"I never travel without my diary. One should always have something sensational to read in the train."
Oscar Wilde

Sunday 10 October 2010

I think the spell is working…

Damn it…it’s happened again. As usual it was the dancing that did it. Dancing is always make or break for me…I’m a sucker for a funny, little dance or someone that doesn’t take it too seriously. The kids danced to some crazy Cambodian rap music and now I think I might love them. And I don’t usually love kids. There are people here who swoon over every Cambodian child in the street and I certainly don’t feel like that. It's just my class. Before I left I was warned this would happen… I thought, no way. Sure, I’ll like them (if they like me) but I doubt I’ll become attached like that. I don’t fall that easily. Megan, another volunteer, came to work with me for a few days and when she left they drew her pictures and told her how glad they were that she had taught them…then the dancing happened…and then I cried. What’s wrong with me? How I am going to be able to say goodbye to them after two months now? And having been invited into their homes and lives and met their families... I can already feel how tough that last day will be.

When I first arrived I wasn’t even sure I liked Cambodia. I found Phnom Penh quite ugly and some of the situations I’ve been put in either distressing or depressing or both. Mekha’s mother has a medical problem and she had x-rays. We went to her home and they wanted me to read what the doctor had written in English but I couldn’t understand it because it was all medical terms. She was clearly distressed and Mekha is such a lovely kid. But I couldn’t do anything. I felt helpless. All the money the Library gets is for the children and their education, there is not much help for the families or adults. It can only be given when and where possible. There’s a real feeling that it’s the younger generation who will be able to pick the country back up, the children. I want to do something for the homes that don’t have proper roofs though. I’m finding out how many there are in this state. A roof is a basic need in life, surely.
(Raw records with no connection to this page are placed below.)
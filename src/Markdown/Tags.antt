-- ===== src/Markdown/Tags.antt =====
-- web/src/utils/tag-grammar.ts, web/src/utils/remark-plugins/remark-tag.ts and the escaping of
-- web/src/components/MemoEditor/Editor/tagMarkdown.ts. The class of tag characters is the regular
-- expression engine's table of Unicode properties, a parameter here.
pub mod Lossless
pub mod Escape
pub mod Tokenizer
pub mod Tree
mod Samples
use memos_note.Common.{
  leb, ◌==◌, if◌then◌else◌, length, Text, text_eq, slice, get_last?, is_char, ℕ, zero, suc, Bool,
  true, false, not, ◌&&◌, ◌||◌, Option, none, some, List, [], ◌∷◌, ◌++◌,
}

abbrev pub max_tag_length : ℕ
max_tag_length = 100

abbrev pub hash : ℕ
hash = b'#'

abbrev pub backslash : ℕ
backslash = 92

pub data Segment : Type 0 where
  text tag : Text → Segment

-- A character and whether it came from an escape: the arrays `chars` and `escaped` side by side.
pub record Cell : Type 0 where
  pub char : ℕ
  pub escaped : Bool

abbrev pub chars : List Cell → Text
chars [] = []
chars (c ∷ cs) = c.char ∷ chars cs

abbrev pub is_ascii_punctuation : ℕ → Bool
is_ascii_punctuation c =
    (leb 0x21 c && leb c 0x2f)
    || (leb 0x3a c && leb c 0x40)
    || (leb 0x5b c && leb c 0x60)
    || (leb 0x7b c && leb c 0x7e)

-- `[...source]`, with the backslash of each escape dropped and its character marked.
unfoldable pub unescape_backslashes : Text → List Cell
unescape_backslashes [] = []
unescape_backslashes (c ∷ []) = record { char = c; escaped = false } ∷ []
unescape_backslashes (c ∷ d ∷ s) = elim ((c == backslash) && is_ascii_punctuation d) [
  | true ↦ record { char = d; escaped = true } ∷ unescape_backslashes s
  | false ↦ record { char = c; escaped = false } ∷ unescape_backslashes (d ∷ s)
]

-- The longest run of cells from the front that pass a test, and what follows it: the `while`
-- loops that move `j`.
abbrev pub take_while : (Cell → Bool) → List Cell → List Cell
take_while p [] = []
take_while p (c ∷ cs) = if p c then c ∷ take_while p cs else []

abbrev pub drop_while : (Cell → Bool) → List Cell → List Cell
drop_while p [] = []
drop_while p (c ∷ cs) = let rest = drop_while p cs in if p c then rest else c ∷ cs

abbrev pub is_open_hash : Cell → Bool
is_open_hash c = (c.char == hash) && not c.escaped

-- What a segment stands for in the text.
abbrev pub render : Segment → Text
render (text value) = value
render (tag value) = hash ∷ value

abbrev pub render_all : List Segment → Text
render_all [] = []
render_all (s ∷ ss) = render s ++ render_all ss

abbrev pub is_text : Segment → Bool
is_text (text _) = true
is_text (tag _) = false

abbrev pub unescaped_cells : Text → List Cell
unescaped_cells [] = []
unescaped_cells (c ∷ s) = record { char = c; escaped = false } ∷ unescaped_cells s

module _ (is_tag_char : ℕ → Bool) where
  abbrev pub is_tag_cell : Cell → Bool
  is_tag_cell c = is_tag_char c.char

  -- The plain text run up to the next hash that is not escaped.
  abbrev pub plain_run : Cell → List Cell → Segment × List Cell
  plain_run c rest = (
    text (c.char ∷ chars (take_while (λ d. not (is_open_hash d)) rest)),
    drop_while (λ d. not (is_open_hash d)) rest,
  )

  abbrev pub head_is_tag_char : List Cell → Bool
  head_is_tag_char [] = false
  head_is_tag_char (c ∷ _) = is_tag_char c.char

  abbrev pub head_char : List Cell → Option ℕ
  head_char [] = none
  head_char (c ∷ _) = some c.char

  -- The whole run of tag characters, if it is no longer than a tag may be.
  abbrev pub tag_run : Cell → List Cell → Segment × List Cell
  tag_run c rest =
      if leb 1 (length (chars (take_while is_tag_cell rest)))
        && leb (length (chars (take_while is_tag_cell rest))) max_tag_length
      then (tag (chars (take_while is_tag_cell rest)), drop_while is_tag_cell rest)
      else plain_run c rest

  -- One round of the loop of `parseSegments` at `chars[i]`, with `chars[i - 1]` before it.
  unfoldable pub next_segment : Option ℕ → Cell → List Cell → Segment × List Cell
  next_segment prev c rest =
      if is_open_hash c && head_is_tag_char rest
      then (if is_char hash prev || is_char hash (head_char rest) || is_char b' ' (head_char rest)
          then (text (c.char ∷ []), rest)
          else tag_run c rest)
      else plain_run c rest

  -- The loop; each round takes at least one cell.
  unfoldable pub parse_from : ℕ → Option ℕ → List Cell → List Segment
  parse_from zero prev cs = []
  parse_from (suc fuel) prev [] = []
  parse_from (suc fuel) prev (c ∷ cs) =
      let (segment, rest) = next_segment prev c cs in
      segment ∷ parse_from fuel (get_last? (render segment)) rest

  unfoldable pub parse_segments : List Cell → List Segment
  unfolding parse_from next_segment
  parse_segments cs = parse_from (suc (length cs)) none cs

  -- The position of a text node in the source, if it has one.
  unfoldable pub segments_for_text_node : Text → Option (ℕ × ℕ) → Text → List Segment
  unfolding parse_segments unescape_backslashes
  segments_for_text_node value none source = parse_segments (unescaped_cells value)
  segments_for_text_node value (some (start, end)) source =
      let cells = unescape_backslashes (slice source start end) in
      if not (text_eq source []) && text_eq (chars cells) value
      then parse_segments cells
      else parse_segments (unescaped_cells value)

  -- How many tag characters a text begins with.
  abbrev pub run_length : Text → ℕ
  run_length [] = 0
  run_length (c ∷ s) = if is_tag_char c then suc (run_length s) else 0

  -- `text.replace(/#(?=TAG_RUN)/gu, "\\#")`: the look-ahead takes 1 to 100 tag characters that no
  -- further one follows, that is, a whole run of such a length.
  unfoldable pub escape_tag_hashes : Text → Text
  escape_tag_hashes [] = []
  escape_tag_hashes (c ∷ s) =
      let rest = escape_tag_hashes s in
      if (c == hash) && (leb 1 (run_length s) && leb (run_length s) max_tag_length)
      then backslash ∷ c ∷ rest
      else c ∷ rest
The children need to be able to sleep when it rains.

And the word "depressing" is an understatement for the killing fields and S21. There really is truth in "ignorance is bliss". It’s the most tragic thing…that words don’t even match a fraction of how horrific it is. There is actually no words. I find it very hard to get my head around what happened and how recent it all was. Our guide at the killing fields was 17 when he was forced out of the city. He fled and all his family were killed. It is his history.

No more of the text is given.